Take the material below and reproduce, word for word, only the lines from the line with "repository b394380497e67e51" through the line with "idle w exchange".

++++++++

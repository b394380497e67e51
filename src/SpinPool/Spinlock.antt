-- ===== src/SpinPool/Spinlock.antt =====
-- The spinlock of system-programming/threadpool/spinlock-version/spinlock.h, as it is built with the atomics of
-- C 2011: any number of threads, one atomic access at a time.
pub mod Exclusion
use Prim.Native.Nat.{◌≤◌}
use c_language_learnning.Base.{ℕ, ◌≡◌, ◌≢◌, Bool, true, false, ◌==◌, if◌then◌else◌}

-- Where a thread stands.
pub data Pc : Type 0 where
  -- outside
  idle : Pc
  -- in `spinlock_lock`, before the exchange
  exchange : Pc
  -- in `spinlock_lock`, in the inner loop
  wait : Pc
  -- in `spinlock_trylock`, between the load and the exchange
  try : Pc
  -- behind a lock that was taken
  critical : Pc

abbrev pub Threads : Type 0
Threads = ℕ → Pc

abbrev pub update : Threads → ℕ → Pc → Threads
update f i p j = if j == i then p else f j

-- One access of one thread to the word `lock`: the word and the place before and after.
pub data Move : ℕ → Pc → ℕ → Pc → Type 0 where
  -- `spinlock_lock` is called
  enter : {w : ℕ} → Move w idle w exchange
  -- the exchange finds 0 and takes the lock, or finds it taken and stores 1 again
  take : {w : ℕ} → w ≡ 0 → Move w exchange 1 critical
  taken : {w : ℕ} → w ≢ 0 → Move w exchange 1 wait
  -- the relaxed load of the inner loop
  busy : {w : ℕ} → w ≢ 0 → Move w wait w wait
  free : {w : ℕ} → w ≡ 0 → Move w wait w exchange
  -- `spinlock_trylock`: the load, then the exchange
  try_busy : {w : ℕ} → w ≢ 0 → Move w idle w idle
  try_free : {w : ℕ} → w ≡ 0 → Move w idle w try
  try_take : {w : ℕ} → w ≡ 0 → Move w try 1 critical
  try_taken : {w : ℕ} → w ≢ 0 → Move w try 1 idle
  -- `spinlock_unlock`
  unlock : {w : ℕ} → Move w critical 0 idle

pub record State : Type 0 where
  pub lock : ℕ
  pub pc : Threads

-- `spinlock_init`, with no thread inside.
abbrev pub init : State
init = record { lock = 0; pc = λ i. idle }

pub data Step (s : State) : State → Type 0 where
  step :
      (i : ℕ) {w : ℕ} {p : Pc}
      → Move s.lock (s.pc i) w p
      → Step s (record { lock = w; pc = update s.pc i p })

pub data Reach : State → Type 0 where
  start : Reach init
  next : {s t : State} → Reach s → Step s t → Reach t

++++++++

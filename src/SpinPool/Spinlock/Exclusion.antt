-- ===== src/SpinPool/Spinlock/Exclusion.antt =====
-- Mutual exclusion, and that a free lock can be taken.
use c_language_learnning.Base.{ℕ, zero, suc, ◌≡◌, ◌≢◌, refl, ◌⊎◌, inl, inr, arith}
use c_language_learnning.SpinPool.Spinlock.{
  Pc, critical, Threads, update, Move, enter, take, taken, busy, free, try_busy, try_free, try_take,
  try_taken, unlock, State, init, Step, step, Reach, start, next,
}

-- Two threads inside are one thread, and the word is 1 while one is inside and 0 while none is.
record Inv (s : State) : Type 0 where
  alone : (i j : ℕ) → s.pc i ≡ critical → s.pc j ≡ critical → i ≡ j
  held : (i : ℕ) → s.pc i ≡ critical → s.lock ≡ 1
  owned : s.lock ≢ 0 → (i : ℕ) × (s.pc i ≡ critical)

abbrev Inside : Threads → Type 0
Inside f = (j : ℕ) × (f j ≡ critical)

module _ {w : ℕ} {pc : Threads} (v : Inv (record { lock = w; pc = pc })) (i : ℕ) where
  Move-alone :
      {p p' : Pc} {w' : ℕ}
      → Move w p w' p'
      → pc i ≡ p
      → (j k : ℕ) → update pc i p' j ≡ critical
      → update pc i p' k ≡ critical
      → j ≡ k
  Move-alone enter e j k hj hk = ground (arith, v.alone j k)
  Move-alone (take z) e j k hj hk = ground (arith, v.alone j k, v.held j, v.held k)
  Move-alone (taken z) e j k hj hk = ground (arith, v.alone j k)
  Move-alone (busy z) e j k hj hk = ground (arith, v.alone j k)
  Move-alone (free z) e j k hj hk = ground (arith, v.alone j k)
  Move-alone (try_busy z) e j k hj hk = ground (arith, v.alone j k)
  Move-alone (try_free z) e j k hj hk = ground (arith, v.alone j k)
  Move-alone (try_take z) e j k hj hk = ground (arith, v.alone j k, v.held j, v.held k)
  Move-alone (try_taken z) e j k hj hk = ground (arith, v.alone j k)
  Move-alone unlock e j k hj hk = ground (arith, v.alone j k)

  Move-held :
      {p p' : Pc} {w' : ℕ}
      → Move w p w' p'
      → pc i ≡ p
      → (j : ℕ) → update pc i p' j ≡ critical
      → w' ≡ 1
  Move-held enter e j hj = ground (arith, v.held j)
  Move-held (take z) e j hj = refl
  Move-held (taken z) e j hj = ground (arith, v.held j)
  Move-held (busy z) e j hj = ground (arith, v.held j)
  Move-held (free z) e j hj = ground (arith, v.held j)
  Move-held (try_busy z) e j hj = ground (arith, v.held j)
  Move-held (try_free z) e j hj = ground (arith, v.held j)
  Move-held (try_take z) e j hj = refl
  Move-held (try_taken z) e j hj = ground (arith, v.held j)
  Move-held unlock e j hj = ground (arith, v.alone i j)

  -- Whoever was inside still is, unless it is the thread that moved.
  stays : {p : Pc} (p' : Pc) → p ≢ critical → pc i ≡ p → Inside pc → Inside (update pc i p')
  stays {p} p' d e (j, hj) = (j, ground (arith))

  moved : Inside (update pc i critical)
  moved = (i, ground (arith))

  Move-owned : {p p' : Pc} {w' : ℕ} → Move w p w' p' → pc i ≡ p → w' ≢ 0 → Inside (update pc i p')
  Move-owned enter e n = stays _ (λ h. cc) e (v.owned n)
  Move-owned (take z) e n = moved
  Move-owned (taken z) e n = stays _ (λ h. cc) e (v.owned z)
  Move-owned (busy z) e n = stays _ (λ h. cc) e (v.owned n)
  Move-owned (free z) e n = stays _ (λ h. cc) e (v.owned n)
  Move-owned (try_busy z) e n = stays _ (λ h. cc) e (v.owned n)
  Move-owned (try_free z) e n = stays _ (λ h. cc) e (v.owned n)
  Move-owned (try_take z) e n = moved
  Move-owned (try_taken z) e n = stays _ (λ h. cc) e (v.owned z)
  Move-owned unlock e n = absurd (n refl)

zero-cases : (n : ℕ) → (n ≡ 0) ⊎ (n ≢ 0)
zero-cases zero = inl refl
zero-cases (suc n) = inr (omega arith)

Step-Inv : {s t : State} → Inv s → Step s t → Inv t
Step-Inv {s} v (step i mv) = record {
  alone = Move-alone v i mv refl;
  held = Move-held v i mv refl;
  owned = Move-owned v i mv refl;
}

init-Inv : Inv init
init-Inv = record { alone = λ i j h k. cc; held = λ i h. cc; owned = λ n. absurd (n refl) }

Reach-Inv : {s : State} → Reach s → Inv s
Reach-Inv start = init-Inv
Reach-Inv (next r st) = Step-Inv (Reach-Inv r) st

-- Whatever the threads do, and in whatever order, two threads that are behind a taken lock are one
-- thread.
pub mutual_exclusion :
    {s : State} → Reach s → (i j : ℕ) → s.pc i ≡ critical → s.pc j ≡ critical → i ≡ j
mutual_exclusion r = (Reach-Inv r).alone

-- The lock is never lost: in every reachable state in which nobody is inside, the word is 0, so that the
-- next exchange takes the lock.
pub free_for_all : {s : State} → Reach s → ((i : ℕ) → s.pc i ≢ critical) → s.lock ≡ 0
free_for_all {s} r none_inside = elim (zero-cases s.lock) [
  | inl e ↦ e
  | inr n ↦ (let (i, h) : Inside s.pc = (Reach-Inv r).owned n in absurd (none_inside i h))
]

++++++++

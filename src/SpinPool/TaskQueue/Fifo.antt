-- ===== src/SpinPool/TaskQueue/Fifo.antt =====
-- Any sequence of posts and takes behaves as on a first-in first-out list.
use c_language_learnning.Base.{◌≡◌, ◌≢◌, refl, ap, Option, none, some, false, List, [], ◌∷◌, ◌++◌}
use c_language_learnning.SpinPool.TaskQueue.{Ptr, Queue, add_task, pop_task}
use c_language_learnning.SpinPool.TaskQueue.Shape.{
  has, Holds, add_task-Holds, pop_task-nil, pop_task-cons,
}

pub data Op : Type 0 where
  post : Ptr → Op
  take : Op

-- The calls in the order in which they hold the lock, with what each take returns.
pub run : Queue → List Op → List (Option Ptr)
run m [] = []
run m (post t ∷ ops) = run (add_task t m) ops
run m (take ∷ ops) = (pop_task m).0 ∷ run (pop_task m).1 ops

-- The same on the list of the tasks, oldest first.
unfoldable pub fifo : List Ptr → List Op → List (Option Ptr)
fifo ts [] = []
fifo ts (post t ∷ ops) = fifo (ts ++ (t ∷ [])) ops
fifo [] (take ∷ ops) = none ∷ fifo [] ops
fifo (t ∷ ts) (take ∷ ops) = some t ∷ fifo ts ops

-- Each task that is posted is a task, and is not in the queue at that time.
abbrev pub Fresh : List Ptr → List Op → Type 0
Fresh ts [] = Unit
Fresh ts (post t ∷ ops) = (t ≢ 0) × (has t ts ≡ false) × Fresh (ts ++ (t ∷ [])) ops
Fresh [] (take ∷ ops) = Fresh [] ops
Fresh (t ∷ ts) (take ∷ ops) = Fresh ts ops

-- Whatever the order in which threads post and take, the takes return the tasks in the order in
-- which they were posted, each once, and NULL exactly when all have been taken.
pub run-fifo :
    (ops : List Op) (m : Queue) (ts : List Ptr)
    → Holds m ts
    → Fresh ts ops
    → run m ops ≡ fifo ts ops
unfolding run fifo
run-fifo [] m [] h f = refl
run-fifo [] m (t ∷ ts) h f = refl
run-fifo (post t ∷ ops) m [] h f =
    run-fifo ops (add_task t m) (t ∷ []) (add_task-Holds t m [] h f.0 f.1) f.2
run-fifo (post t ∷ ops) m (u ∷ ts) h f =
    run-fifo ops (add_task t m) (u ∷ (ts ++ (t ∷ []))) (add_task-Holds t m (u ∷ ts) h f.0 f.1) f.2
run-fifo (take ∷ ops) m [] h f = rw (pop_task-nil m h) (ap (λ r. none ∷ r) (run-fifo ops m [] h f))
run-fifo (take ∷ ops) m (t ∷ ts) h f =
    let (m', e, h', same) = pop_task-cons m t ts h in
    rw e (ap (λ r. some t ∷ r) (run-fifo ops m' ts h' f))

++++++++

* [Solution for this problem]:
repository b394380497e67e51
filename src/SpinPool/Spinlock.antt
-- ===== src/SpinPool/Spinlock.antt =====
-- The spinlock of system-programming/threadpool/spinlock-version/spinlock.h, as it is built with the atomics of
-- C 2011: any number of threads, one atomic access at a time.
pub mod Exclusion
use Prim.Native.Nat.{◌≤◌}
use c_language_learnning.Base.{ℕ, ◌≡◌, ◌≢◌, Bool, true, false, ◌==◌, if◌then◌else◌}

-- Where a thread stands.
pub data Pc : Type 0 where
  -- outside
  idle : Pc
  -- in `spinlock_lock`, before the exchange
  exchange : Pc
  -- in `spinlock_lock`, in the inner loop
  wait : Pc
  -- in `spinlock_trylock`, between the load and the exchange
  try : Pc
  -- behind a lock that was taken
  critical : Pc

abbrev pub Threads : Type 0
Threads = ℕ → Pc

abbrev pub update : Threads → ℕ → Pc → Threads
update f i p j = if j == i then p else f j

-- One access of one thread to the word `lock`: the word and the place before and after.
pub data Move : ℕ → Pc → ℕ → Pc → Type 0 where
  -- `spinlock_lock` is called
  enter : {w : ℕ} → Move w idle w exchange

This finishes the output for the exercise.